## Task details
Please give the data again in full, exactly as it reads.
··· Data to process ···
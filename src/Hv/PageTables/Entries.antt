-- ===== src/Hv/PageTables/Entries.antt =====
-- An entry: the address that is put in one is the address that is read from it.
use obliteration.Prelude.{
  ℕ, ◌+◌, ◌/◌, ◌%◌, ◌^◌, ◌<◌, ◌≡◌, ◌∙◌, ap, true, false, ◌==◌, bit_and, bit_or, arith, done,
  Bool-cases, inl, inr,
}
use obliteration.Prelude.Bits.{bit_and-window, bit_and-ones}
use obliteration.Prelude.BitOr.{bit_or-one, bit_or-two}
use obliteration.Hv.PageTables.{entry_addr, set_page_entry, pml4o, pdpo, pdo, pto}

below_52 :
    (addr : ℕ) → addr < 2 ^ 63 → (bit_and addr 0x7FF0000000000000 == 0) ≡ true → addr < 2 ^ 52
below_52 addr h low = ground (arith, bit_and-window 52 11 addr)

page_aligned : (addr : ℕ) → (bit_and addr 0xFFF == 0) ≡ true → addr % 4096 ≡ 0
page_aligned addr al = ground (arith, bit_and-ones 12 addr)

flags : (addr : ℕ) → addr % 4096 ≡ 0 → bit_or (bit_or addr 1) 2 ≡ addr + 3
flags addr h =
    ap (λ t. bit_or t 2) (bit_or-one addr (omega arith))
    ∙ bit_or-two (addr + 1) (omega arith)
    ∙ omega arith

-- What the two assertions of `set_page_entry` come to, for an address below 2 ^ 63.
pub set_page_entry-done :
    (addr e : ℕ)
    → addr < 2 ^ 63
    → set_page_entry addr ≡ done e
    → (e ≡ addr + 3) × (addr % 4096 ≡ 0) × (addr < 2 ^ 52)
unfolding set_page_entry
set_page_entry-done addr e h k = elim (Bool-cases (bit_and addr 0x7FF0000000000000 == 0)) [
  | inr high ↦ cc (k, high)
  | inl low ↦ elim (Bool-cases (bit_and addr 0xFFF == 0)) [
    | inr off ↦ cc (k, low, off)
    | inl al ↦ (
      cc (k, low, al, flags addr (page_aligned addr al)),
      page_aligned addr al,
      below_52 addr h low,
    )
  ]
]

entry_addr_three : (addr : ℕ) → addr % 4096 ≡ 0 → addr < 2 ^ 52 → entry_addr (addr + 3) ≡ addr
entry_addr_three addr h k = omega (arith, bit_and-window 12 40 (addr + 3))

pub entry_addr-set_page_entry :
    (addr e : ℕ)
    → addr < 2 ^ 63
    → set_page_entry addr ≡ done e
    → (entry_addr e ≡ addr) × ((e == 0) ≡ false)
entry_addr-set_page_entry addr e h k =
    let (w, al, low) = set_page_entry-done addr e h k in
    (ap entry_addr w ∙ entry_addr_three addr al low, ground (arith, w))

-- The entry has the bits P and R/W.
pub set_page_entry-bits : (addr e : ℕ) → addr < 2 ^ 63 → set_page_entry addr ≡ done e → e % 4 ≡ 3
set_page_entry-bits addr e h k =
    let (w, al, low) = set_page_entry-done addr e h k in omega (arith, w, al)

pub index_parts :
    (a b : ℕ)
    → pml4o a ≡ pml4o b
    → pdpo a ≡ pdpo b
    → pdo a ≡ pdo b
    → pto a ≡ pto b
    → a % 2 ^ 48 / 4096 ≡ b % 2 ^ 48 / 4096
index_parts a b h k l m = omega (
  arith,
  bit_and-window 39 9 a,
  bit_and-window 39 9 b,
  bit_and-window 30 9 a,
  bit_and-window 30 9 b,
  bit_and-window 21 9 a,
  bit_and-window 21 9 b,
  bit_and-window 12 9 a,
  bit_and-window 12 9 b,
)

-- The indices of two addresses of one page.
pub same_indices :
    (a b : ℕ)
    → a % 2 ^ 48 / 4096 ≡ b % 2 ^ 48 / 4096
    → (pml4o a ≡ pml4o b) × (pdpo a ≡ pdpo b) × (pdo a ≡ pdo b) × (pto a ≡ pto b)
same_indices a b h = (
  omega (arith, bit_and-window 39 9 a, bit_and-window 39 9 b),
  omega (arith, bit_and-window 30 9 a, bit_and-window 30 9 b),
  omega (arith, bit_and-window 21 9 a, bit_and-window 21 9 b),
  omega (arith, bit_and-window 12 9 a, bit_and-window 12 9 b),
)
···
## Task solution
filename src/Hv/PageTables/Entries.antt
-- ===== src/Hv/PageTables/Entries.antt =====
-- An entry: the address that is put in one is the address that is read from it.
use obliteration.Prelude.{
  ℕ, ◌+◌, ◌/◌, ◌%◌, ◌^◌, ◌<◌, ◌≡◌, ◌∙◌, ap, true, false, ◌==◌, bit_and, bit_or, arith, done,
  Bool-cases, inl, inr,
}
use obliteration.Prelude.Bits.{bit_and-window, bit_and-ones}
use obliteration.Prelude.BitOr.{bit_or-one, bit_or-two}
use obliteration.Hv.PageTables.{entry_addr, set_page_entry, pml4o, pdpo, pdo, pto}

below_52 :
    (addr : ℕ) → addr < 2 ^ 63 → (bit_and addr 0x7FF0000000000000 == 0) ≡ true → addr < 2 ^ 52
below_52 addr h low = ground (arith, bit_and-window 52 11 addr)

page_aligned : (addr : ℕ) → (bit_and addr 0xFFF == 0) ≡ true → addr % 4096 ≡ 0
page_aligned addr al = ground (arith, bit_and-ones 12 addr)

flags : (addr : ℕ) → addr % 4096 ≡ 0 → bit_or (bit_or addr 1) 2 ≡ addr + 3
flags addr h =
    ap (λ t. bit_or t 2) (bit_or-one addr (omega arith))
    ∙ bit_or-two (addr + 1) (omega arith)
    ∙ omega arith

-- What the two assertions of `set_page_entry` come to, for an address below 2 ^ 63.
pub set_page_entry-done :
    (addr e : ℕ)
    → addr < 2 ^ 63
    → set_page_entry addr ≡ done e
    → (e ≡ addr + 3) × (addr % 4096 ≡ 0) × (addr < 2 ^ 52)
unfolding set_page_entry
set_page_entry-done addr e h k = elim (Bool-cases (bit_and addr 0x7FF0000000000000 == 0)) [
  | inr high ↦ cc (k, high)
  | inl low ↦ elim (Bool-cases (bit_and addr 0xFFF == 0)) [
    | inr off ↦ cc (k, low, off)
    | inl al ↦ (
      cc (k, low, al, flags addr (page_aligned addr al)),
      page_aligned addr al,
      below_52 addr h low,
    )
  ]
]

entry_addr_three : (addr : ℕ) → addr % 4096 ≡ 0 → addr < 2 ^ 52 → entry_addr (addr + 3) ≡ addr
entry_addr_three addr h k = omega (arith, bit_and-window 12 40 (addr + 3))

pub entry_addr-set_page_entry :
    (addr e : ℕ)
    → addr < 2 ^ 63
    → set_page_entry addr ≡ done e
    → (entry_addr e ≡ addr) × ((e == 0) ≡ false)
entry_addr-set_page_entry addr e h k =
    let (w, al, low) = set_page_entry-done addr e h k in
    (ap entry_addr w ∙ entry_addr_three addr al low, ground (arith, w))

-- The entry has the bits P and R/W.
pub set_page_entry-bits : (addr e : ℕ) → addr < 2 ^ 63 → set_page_entry addr ≡ done e → e % 4 ≡ 3
set_page_entry-bits addr e h k =
    let (w, al, low) = set_page_entry-done addr e h k in omega (arith, w, al)

pub index_parts :
    (a b : ℕ)
    → pml4o a ≡ pml4o b
    → pdpo a ≡ pdpo b
    → pdo a ≡ pdo b
    → pto a ≡ pto b
    → a % 2 ^ 48 / 4096 ≡ b % 2 ^ 48 / 4096
index_parts a b h k l m = omega (
  arith,
  bit_and-window 39 9 a,
  bit_and-window 39 9 b,
  bit_and-window 30 9 a,
  bit_and-window 30 9 b,
  bit_and-window 21 9 a,
  bit_and-window 21 9 b,
  bit_and-window 12 9 a,
  bit_and-window 12 9 b,
)

-- The indices of two addresses of one page.
pub same_indices :
    (a b : ℕ)
    → a % 2 ^ 48 / 4096 ≡ b % 2 ^ 48 / 4096
    → (pml4o a ≡ pml4o b) × (pdpo a ≡ pdpo b) × (pdo a ≡ pdo b) × (pto a ≡ pto b)
same_indices a b h = (
  omega (arith, bit_and-window 39 9 a, bit_and-window 39 9 b),
  omega (arith, bit_and-window 30 9 a, bit_and-window 30 9 b),
  omega (arith, bit_and-window 21 9 a, bit_and-window 21 9 b),
  omega (arith, bit_and-window 12 9 a, bit_and-window 12 9 b),
)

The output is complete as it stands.